▸ **Task details**
Identify the lines in the data below that contain "IsNamed" and give only how many there are.

▸ **Recorded data**
══════════
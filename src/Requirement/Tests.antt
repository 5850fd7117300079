-- ===== src/Requirement/Tests.antt =====
-- Documents and candidates of a few nodes, and the theorems about internal/requirement at them.
use capagent.Model.Errors.{Error, out_of_fuel, cyclic_document}
use capagent.Requirement.Kleene.{all-any_exact, ◌⊑◌}
use capagent.Requirement.Soundness.{validate_sound}
use capagent.Requirement.Completeness.{validate_complete}
use capagent.Requirement.Knowledge.{evaluate_node_mono, Extends}
use capagent.Requirement.Backing.{predicate-IsBacked, IsBacked}
use capagent.Requirement.Meaning.{
  evaluate-meaning, candidate_state, evaluate_refused, evaluate_total, EndsIn,
}
use capagent.Requirement.Logic.{any, unsatisfied, all, indeterminate, satisfied, or, and}
use capagent.Model.States.{
  supported, confidence_is_valid, state_is_valid, verified, complete, state_eq,
}
use capagent.Base.{
  inr, ◌≢◌, text_eq→eq, subst, inl, Bool-cases, All, In, arith, ◌↔◌, ◌≤◌, ℕ, contains, text_eq,
  zero, refl, suc, ◌≡◌, ◌∷◌, some, [], codes,
}
use capagent.Model.Evidence.{evidence_validate, Evidence}
use capagent.Model.CapabilityId.{CapabilityId, id_validate}
use capagent.Model.Scope.{scope_eq, scope_is_valid, EvaluationScope}
use capagent.Requirement.Evaluate.{evaluate_node, evaluate}
use capagent.Requirement.Predicate.{
  uncertain, invalid_requirement, error, Result, find_capability, state, index_of, predicate,
}
use capagent.Model.Capability.{no_reason, capability_validate, Candidate, Capability}
use capagent.Requirement.Tree.{
  depth, size, any_node, capability_node, AreNamed, RepresentsAll, all_node, not_node, Trees,
  IsNamed, Represents, Tree,
}
use capagent.Requirement.Node.{
  Pointer, max_depth, enough_fuel, max_nodes, valid, invalid, validate, Heap,
}
use capagent.Requirement.Logic

-- What a test computes with.
program : Unit {0}
unfolding evaluate id_validate capability_validate evidence_validate scope_is_valid scope_eq
    state_eq text_eq state_is_valid confidence_is_valid and or contains
    capagent.Requirement.Logic.not
program = tt

abbrev podman : CapabilityId
podman = codes "runtime.podman"

abbrev cgroups : CapabilityId
cgroups = codes "host.cgroups"

-- all(podman, any(podman, not(cgroups))), where the node for podman is shared.
abbrev sample : Heap
sample zero = all_node (some 1 ∷ some 2 ∷ [])
sample (suc zero) = capability_node podman
sample (suc (suc zero)) = any_node (some 1 ∷ some 3 ∷ [])
sample (suc (suc (suc zero))) = not_node 4
sample (suc (suc (suc (suc n)))) = capability_node cgroups

abbrev sample_tree : Tree
sample_tree = Tree.all (
    Trees.cons (Tree.capability podman) (
      Trees.cons
        (Tree.any (
          Trees.cons (Tree.capability podman)
            (Trees.cons (Tree.negation (Tree.capability cgroups)) Trees.nil)))
        Trees.nil))

sample-Represents : Represents sample (some 0) sample_tree
sample-Represents = Represents.all_at refl (
    RepresentsAll.cons_at (Represents.capability_at refl refl) (
      RepresentsAll.cons_at
        (Represents.any_at refl (
          RepresentsAll.cons_at (Represents.capability_at refl refl) (
            RepresentsAll.cons_at (Represents.negation_at refl (Represents.capability_at refl refl))
              RepresentsAll.nil_at)))
        RepresentsAll.nil_at))

sample-IsNamed : IsNamed sample_tree
unfolding program
sample-IsNamed = IsNamed.all_named (
    AreNamed.cons_named (IsNamed.named refl) (
      AreNamed.cons_named
        (IsNamed.any_named (
          AreNamed.cons_named (IsNamed.named refl)
            (AreNamed.cons_named (IsNamed.negation_named (IsNamed.named refl)) AreNamed.nil_named)))
        AreNamed.nil_named))

-- A node that is its own child.
abbrev loop : Heap
loop a = not_node a

abbrev here : EvaluationScope
here = record {
  run_id = codes "run";
  context_id = codes "ctx";
  runtime = codes "podman";
  endpoint = codes "local";
}

abbrev podman_evidence : Evidence
podman_evidence = record {
  id = codes "e1";
  source = codes "podman info";
  claim = podman;
  precedence = 2;
  observations = [];
  timestamp = 7;
  scope = here;
  completeness = complete;
  state = supported;
  confidence = verified;
  depends_on = [];
}

abbrev podman_capability : Capability
podman_capability = record {
  scope = here;
  id = podman;
  state = supported;
  confidence = verified;
  reason = no_reason;
  evidence = codes "e1" ∷ [];
}

abbrev able : Candidate
able = record {
  scope = here;
  capabilities = podman_capability ∷ [];
  evidence = podman_evidence ∷ [];
}

-- The same deployment before anything is known of it.
abbrev blank : Candidate
blank = record { scope = here; capabilities = []; evidence = [] }

validate-sample : validate sample (some 0) ≡ valid 6
unfolding program
validate-sample = refl

validate-loop : validate loop (some 0) ≡ invalid cyclic_document
unfolding program
validate-loop = refl

evaluate-able : EndsIn (evaluate sample (some 0) (able ∷ [])) satisfied
unfolding program
evaluate-able = (_, refl, refl)

evaluate-blank : EndsIn (evaluate sample (some 0) (blank ∷ [])) indeterminate
unfolding program
evaluate-blank = (_, refl, refl)

validate_sound_example :
    (t : Tree) × Represents sample (some 0) t
    × IsNamed t
    × (◌≡◌ {A = ℕ} 6 (size t))
    × (size t ≤ max_nodes)
    × (depth t ≤ max_depth)
validate_sound_example = validate_sound sample (some 0) 6 validate-sample

validate_complete_example : validate sample (some 0) ≡ valid (size sample_tree)
unfolding size depth
validate_complete_example =
    validate_complete sample (some 0) sample_tree sample-Represents sample-IsNamed (omega arith)
      (omega arith)

evaluate-meaning_example :
    EndsIn
      (evaluate sample (some 0) (able ∷ blank ∷ []))
      (any (candidate_state sample_tree able ∷ candidate_state sample_tree blank ∷ []))
unfolding size depth
evaluate-meaning_example =
    evaluate-meaning sample (some 0) sample_tree (able ∷ blank ∷ []) sample-Represents
      sample-IsNamed (omega arith) (omega arith) (omega arith) (omega arith)

evaluate_total_example :
    (validate loop (some 0) ≢ invalid out_of_fuel)
    × ((r : Result) × (evaluate loop (some 0) (able ∷ []) ≡ some r))
evaluate_total_example = evaluate_total loop (some 0) (able ∷ [])

-- A cycle is no tree.
loop_no_tree : {p : Pointer} {t : Tree} → Represents loop p t → ⊥
loop_no_tree (Represents.capability_at e full) = cc
loop_no_tree (Represents.all_at e rs) = cc
loop_no_tree (Represents.any_at e rs) = cc
loop_no_tree (Represents.negation_at e r) = loop_no_tree r

evaluate_refused_example :
    (e : Error) × (validate loop (some 0) ≡ invalid e)
    × (e ≢ out_of_fuel)
    × (evaluate loop (some 0) (able ∷ []) ≡ some (uncertain invalid_requirement (error e)))
    × (state (uncertain invalid_requirement (error e)) ≡ indeterminate)
evaluate_refused_example =
    evaluate_refused loop (some 0) (able ∷ []) (λ d. loop_no_tree d.represents)

all-any_exact_example :
    (all (satisfied ∷ indeterminate ∷ []) ≡ unsatisfied
      ↔ In unsatisfied (satisfied ∷ indeterminate ∷ []))
    × (all (satisfied ∷ indeterminate ∷ []) ≡ satisfied
        ↔ All (λ s. s ≡ satisfied) (satisfied ∷ indeterminate ∷ []))
    × (any (satisfied ∷ indeterminate ∷ []) ≡ satisfied
        ↔ In satisfied (satisfied ∷ indeterminate ∷ []))
    × (any (satisfied ∷ indeterminate ∷ []) ≡ unsatisfied
        ↔ All (λ s. s ≡ unsatisfied) (satisfied ∷ indeterminate ∷ []))
all-any_exact_example = all-any_exact (satisfied ∷ indeterminate ∷ [])

predicate-IsBacked_example : IsBacked (index_of able) podman satisfied
unfolding program
predicate-IsBacked_example = predicate-IsBacked (index_of able) podman satisfied refl (λ e. cc)

abbrev cgroups_evidence : Evidence
cgroups_evidence = record podman_evidence { id = codes "e2"; claim = cgroups; precedence = 1 }

-- The deployment with one more capability known.
abbrev known_more : Candidate
known_more = record {
  scope = here;
  capabilities =
      podman_capability
      ∷ record podman_capability { id = cgroups; evidence = codes "e2" ∷ [] }
      ∷ [];
  evidence = podman_evidence ∷ cgroups_evidence ∷ [];
}

able-Extends : Extends (index_of able) (index_of known_more)
unfolding program predicate
able-Extends id = elim (Bool-cases (text_eq podman id)) [
  | inl e ↦
      subst (λ j. state (predicate j (index_of able)) ⊑ state (predicate j (index_of known_more)))
        (text_eq→eq podman id e) refl
  | inr e ↦ rw (e, find_capability) tt
]

evaluate_node-able : EndsIn (evaluate_node enough_fuel sample (index_of able) (some 0)) satisfied
unfolding program
evaluate_node-able = (_, refl, refl)

evaluate_node-known_more :
    EndsIn (evaluate_node enough_fuel sample (index_of known_more) (some 0)) satisfied
unfolding program
evaluate_node-known_more = (_, refl, refl)

evaluate_node_mono_example : satisfied ⊑ satisfied
evaluate_node_mono_example =
    evaluate_node_mono sample (some 0) (index_of able) (index_of known_more) validate-sample
      able-Extends evaluate_node-able evaluate_node-known_more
══════════
▸ **Task response**
10